Since the FG document is not yet published, it’s unfair to judge their proposed investment plan on the basis of a flimsy newspaper report. But the list of proposed investment areas is worrying and suggests the likelihood of funds being frittered away – like pouring water into a colander – on job creation ideas that may never amount to anything much, even if they look very appealing in an election manifesto.
First of all any such investments would have to be export driven and thus capable of holding their own in the international competitive marketplace; secondly it might take many years and a lot of money down the drain to separate the wheat from the chaff in this respect, so any job creation effect might be temporary and come at a very high cost per job and thirdly, well you need a lot of luck and luck is also a manufactured thing that takes a lot of time to mature.
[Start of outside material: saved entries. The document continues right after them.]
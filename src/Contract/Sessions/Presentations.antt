-- ===== src/Contract/Sessions/Presentations.antt =====
-- Presenting a session credential with a call, and asking for its status: present,
-- verify_presentation, prove_status and verify_status of holder_sessions.rs.
use sec_s_magik.Base.{
  ℕ, ◌+◌, ◌≤◌, ◌<◌, min, ◌≡◌, refl, subst, true, false, List, Text, ok, is_ok, Eq, list_eq, nat_eq,
  bne→eq, eq→beq, arith, option_eq,
}
use sec_s_magik.Contract.Claims.{IssuerPin, Grant, Proof, Wire}
use sec_s_magik.Contract.Codec.{Crypto, JsonLibrary, hex, public_hex, digest, sign, verify}
use sec_s_magik.Contract.Version2.{Permission}
use sec_s_magik.Contract.Holder.{checked_add}
use sec_s_magik.Contract.Sessions.{
  Context, Challenge, Credential, SessionWire, presentation_schema, proof_domain, is_out_of_window,
}
use sec_s_magik.Contract.Sessions.Protocol
use sec_s_magik.Contract.Codec.Laws.{CryptoLaws, verify-sign}
use sec_s_magik.Contract.Sessions.Windows.{well_structured, structure_window, credential_facts}
use sec_s_magik.Contract.Sessions.Exchange.{structure_keys}

pub out_of_window_at :
    {Value : Type 0} (c : Challenge Value) (now t expires : ℕ)
    → expires ≡ min (now + 60) c.expires_at
    → c.issued_at ≤ now
    → now ≤ t
    → t < expires
    → is_out_of_window c now expires t ≡ false
unfolding is_out_of_window
out_of_window_at c now t expires h a b d = ground (arith, h, a, b, d)

module _ {SigningKey VerifyingKey Value : Type 0} ⦃e : Eq Value⦄
    (crypto : Crypto SigningKey VerifyingKey) (json : JsonLibrary Value)
    (permission_value : Permission Value → Value)
    (permissions_value : List (Permission Value) → Value) (wire : Wire (Permission Value) Value)
    (session_wire : SessionWire Value) where
  -- What `present` checks and returns.
  record IsShown (pin : IssuerPin) (c : Credential Value) (call : Value) (context : Context)
      (now : ℕ) (session : SigningKey) (p : Proof) : Type 0 where
    credential :
        Protocol.verify_credential crypto json permission_value permissions_value wire session_wire
          pin c context now
        ≡ ok tt
    allowed :
        Protocol.call_allowed crypto json permission_value permissions_value wire session_wire c
          call
        ≡ ok tt
    good_nonce : is_ok (hex crypto 16 p.nonce) ≡ true
    own_key : public_hex crypto session ≡ c.claims.challenge.session_public_key
    schema : p.schema ≡ presentation_schema
    credential_digest : digest crypto json (session_wire.credential c) ≡ ok p.credential_digest
    call_digest : digest crypto json call ≡ ok p.call_digest
    issued : p.issued_at ≡ now
    expires : p.expires_at ≡ min (now + 60) c.claims.challenge.expires_at
    signed :
        sign crypto json proof_domain
          (Protocol.proof_value crypto json permission_value permissions_value wire session_wire p)
          session
        ≡ ok p.signature

  IsShown-facts :
      (pin : IssuerPin) (c : Credential Value) (call : Value) (nonce : Text) (context : Context)
      (now : ℕ) (session : SigningKey) (p : Proof)
      → Protocol.present crypto json permission_value permissions_value wire session_wire pin c call
          nonce context now session
        ≡ ok p
      → IsShown pin c call context now session p
  unfolding Protocol.present checked_add
  IsShown-facts pin c call nonce context now session p h = record {
    credential = ground arith;
    allowed = ground arith;
    good_nonce = ground arith;
    own_key =
        bne→eq (public_hex crypto session) c.claims.challenge.session_public_key (ground arith);
    schema = ground arith;
    credential_digest = ground arith;
    call_digest = ground arith;
    issued = ground arith;
    expires = ground arith;
    signed = ground arith;
  }

  -- Given the laws of the cryptography, what a session key presents verifies with the same call,
  -- from when it is made until the earlier of sixty seconds later and the end of the session, at
  -- each time when the credential verifies with the given parent.
  pub session_present-verify :
      CryptoLaws crypto
      → (pin : IssuerPin) (parent : Grant (Permission Value)) (c : Credential Value) (call : Value)
        (nonce : Text) (context : Context) (now t : ℕ) (session : SigningKey) (p : Proof)
      → Protocol.present crypto json permission_value permissions_value wire session_wire pin c call
          nonce context now session
        ≡ ok p
      → Protocol.verify_parent crypto json permission_value permissions_value wire session_wire pin
          parent c context t
        ≡ ok tt
      → now ≤ t
      → t < min (now + 60) c.claims.challenge.expires_at
      → Protocol.verify_presentation crypto json permission_value permissions_value wire
          session_wire pin parent c call p context t
        ≡ ok tt
  unfolding Protocol.verify_presentation
  session_present-verify laws pin parent c call nonce context now t session p h current later soon =
      let facts = IsShown-facts pin c call nonce context now session p h in
      let x = c.claims.challenge in
      let valid =
        credential_facts crypto json permission_value permissions_value wire session_wire pin c
          context now facts.credential in
      let (_, (v, good)) =
        structure_keys crypto json permission_value permissions_value wire session_wire x context
          now valid in
      let (begun, _, _) = structure_window x context now (
        well_structured crypto json permission_value permissions_value wire session_wire x context
          now valid) in
      let fresh =
        out_of_window_at x now t p.expires_at facts.expires begun later (rw facts.expires soon) in
      let signed =
        subst
          (λ q.
            verify crypto json proof_domain
              (Protocol.proof_value crypto json permission_value permissions_value wire session_wire
                p)
              p.signature q
            ≡ ok tt)
          facts.own_key
          (verify-sign crypto laws json proof_domain
            (Protocol.proof_value crypto json permission_value permissions_value wire session_wire
              p)
            session v p.signature (rw facts.own_key good) facts.signed) in
      ground (
        arith,
        current,
        facts.allowed,
        facts.good_nonce,
        eq→beq p.schema presentation_schema facts.schema,
        facts.credential_digest,
        eq→beq p.credential_digest p.credential_digest refl,
        facts.call_digest,
        eq→beq p.call_digest p.call_digest refl,
        facts.issued,
        fresh,
        signed,
      )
Irrespective of the old Spring/Bruton ideological battles about the 1980s NDA, in the end the Agency was subsumed into the IDA. If reviving that concept is what FG has in mind, then it’s a bit stale as an idea and wouldn’t work this time either for the same reasons it was a flop in the 1980s. Also, it would possibly be duplicating the work of a range of existing agencies.
But we should look forward to the FG paper when it somes to light and can be properly scrutinised. Good on them too, at least they’re churning out detailed policy ideas rather than just mouthing empty crowd pleasing platitudes about protecting the taxpayer and pointing bony fingers of blame in all directions.